● **Task inputs**:

========================================================================

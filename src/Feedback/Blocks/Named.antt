-- ===== src/Feedback/Blocks/Named.antt =====
-- The keys that the interceptors record and the elements that they ask for have names.
use chat_bot_hub.Prelude.{
  ℕ, String, str_eq, Bool, true, false, not, ◌&&◌, Option, none, some, List, [], ◌∷◌, ◌++◌, ◌≡◌,
  refl, ap, ◌∙◌, arith, and_both, and_parts, ◌==◌, if◌then◌else◌, Bool-cases, Option-cases, zero,
  suc, inl, inr,
}
use chat_bot_hub.Http.{
  Interceptor, Params, Effect, block_ui, unblock_ui, remove_token, redirect_later, Event, sent,
  answered, rejected, rearmed, run, step, request, response, response_error, on_status, show_error,
  remove_block, unblock_all, add_key, block_target, dequeue, Rejection, absent, no_status,
  minus_one, status,
}

abbrev pub is_named : String → Bool
is_named id = not (str_eq id "")

unfoldable pub all_named : List String → Bool
all_named [] = true
all_named (id ∷ ids) = is_named id && all_named ids

unfoldable pub has_target : Effect → Bool
has_target (block_ui id) = is_named id
has_target (unblock_ui id) = is_named id
has_target _ = true

unfoldable pub all_targets : List Effect → Bool
all_targets [] = true
all_targets (e ∷ es) = has_target e && all_targets es

all_targets-append :
    (es fs : List Effect) → all_targets (es ++ fs) ≡ (all_targets es && all_targets fs)
unfolding all_targets
all_targets-append [] fs = refl
all_targets-append (e ∷ es) fs = ground (arith, all_targets-append es fs)

all_named-add_key :
    (id : String) (ids : List String)
    → is_named id ≡ true
    → all_named ids ≡ true
    → all_named (add_key id ids) ≡ true
unfolding all_named add_key
all_named-add_key id [] h k = ground (arith, h)
all_named-add_key id (j ∷ ids) h k = ground (arith, all_named-add_key id ids h, h, k)

named-usual : (b : Bool) → is_named (if b then "#container" else "body") ≡ true
named-usual true = refl
named-usual false = refl

named-block_target : (ps : Option Params) (modals : ℕ) → is_named (block_target ps modals) ≡ true
unfolding block_target
named-block_target none modals = named-usual (modals == 0)
named-block_target (some p) modals = elim (Option-cases p.block_id) [
  | inl e ↦ rw (block_target, e) (named-usual (modals == 0))
  | inr (id, e) ↦ elim (Bool-cases (str_eq id "")) [
    | inl blank ↦ rw (block_target, e, blank) (named-usual (modals == 0))
    | inr filled ↦ rw (block_target, e, filled) (ap not filled)
  ]
]

all_targets-unblock_all :
    (ids : List String) → all_named ids ≡ true → all_targets (unblock_all ids) ≡ true
unfolding all_targets unblock_all all_named has_target
all_targets-unblock_all [] h = refl
all_targets-unblock_all (id ∷ ids) h =
    let parts : (is_named id ≡ true) × (all_named ids ≡ true) = and_parts h in
    and_both (parts.0, all_targets-unblock_all ids parts.1)

-- The keys that are recorded stay named, and so are the targets of what is called.
pub record Named (r : Interceptor × List Effect) : Type 0 where
  pub keys : all_named r.0.block_ids ≡ true
  pub targets : all_targets r.1 ≡ true

Named-remove_block : (s : Interceptor) → all_named s.block_ids ≡ true → Named (remove_block s)
unfolding remove_block all_targets all_named
Named-remove_block s h = record {
  keys = ground (arith, h);
  targets = ground (arith, all_targets-unblock_all s.block_ids h);
}

Named-show_error :
    (s : Interceptor) (msg : String) → all_named s.block_ids ≡ true → Named (show_error s msg)
unfolding show_error all_targets has_target
Named-show_error s msg h = record { keys = ground (arith, h); targets = ground arith }

Named-denied :
    (s : Interceptor) (msg : String)
    → all_named s.block_ids ≡ true
    → all_targets ((show_error s msg).1 ++ remove_token ∷ redirect_later "#/app/user/login" ∷ [])
      ≡ true
unfolding all_targets has_target
Named-denied s msg h =
    all_targets-append (show_error s msg).1 (remove_token ∷ redirect_later "#/app/user/login" ∷ [])
    ∙ and_both ((Named-show_error s msg h).targets, refl)

Named-on_status :
    (s : Interceptor) (r : Rejection)
    → all_named s.block_ids ≡ true
    → Named ((on_status s r).0, (on_status s r).1)
unfolding on_status all_targets
Named-on_status s absent h = Named-show_error s "未知错误" h
Named-on_status s no_status h = Named-show_error s "未知错误" h
Named-on_status s minus_one h = Named-show_error s "请联系管理员,或没有网络" h
Named-on_status s (status zero) h = Named-show_error s "未知错误" h
Named-on_status s (status (suc n)) h =
    let shown = Named-show_error s "找不到指定的url" h in
    let failed = Named-show_error s "服务器内部错误" h in
    let denied = Named-show_error s "未登录" h in
    record {
      keys = ground (arith, shown.keys, failed.keys, denied.keys, h);
      targets = ground (arith, shown.targets, failed.targets, Named-denied s "未登录" h);
    }

Named-step : (s : Interceptor) (e : Event) → all_named s.block_ids ≡ true → Named (step s e)
unfolding step response request response_error all_targets has_target
Named-step s (sent c modals) h = record {
  keys = ground (
    arith,
    h,
    all_named-add_key (block_target c.params modals) s.block_ids
        (named-block_target c.params modals) h,
  );
  targets = ground (arith, named-block_target c.params modals);
}
Named-step s (answered url) h =
    Named-remove_block (record s { ajax_queue = dequeue url s.ajax_queue }) h
Named-step s (rejected r) h =
    let cleared = Named-remove_block (record s { ajax_queue = [] }) h in
    let t = remove_block (record s { ajax_queue = [] }) in
    let seen = Named-on_status t.0 r cleared.keys in
    record {
      keys = seen.keys;
      targets =
          all_targets-append t.1 (on_status t.0 r).1 ∙ and_both (cleared.targets, seen.targets);
    }
Named-step s rearmed h = record { keys = h; targets = refl }

pub Named-run :
    (es : List Event) (s : Interceptor) → all_named s.block_ids ≡ true → Named (run s es)
unfolding run
Named-run [] s h = record { keys = h; targets = unfold all_targets in refl }
Named-run (e ∷ es) s h =
    let one = Named-step s e h in
    let more = Named-run es (step s e).0 one.keys in
    record {
      keys = more.keys;
      targets =
          all_targets-append (step s e).1 (run (step s e).0 es).1
          ∙ and_both (one.targets, more.targets);
    }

========================================================================

Only lines with the word "Event" go in the answer. Take them all from the entries above.

  Interceptor, Params, Effect, block_ui, unblock_ui, remove_token, redirect_later, Event, sent,
Named-step : (s : Interceptor) (e : Event) → all_named s.block_ids ≡ true → Named (step s e)
    (es : List Event) (s : Interceptor) → all_named s.block_ids ≡ true → Named (run s es)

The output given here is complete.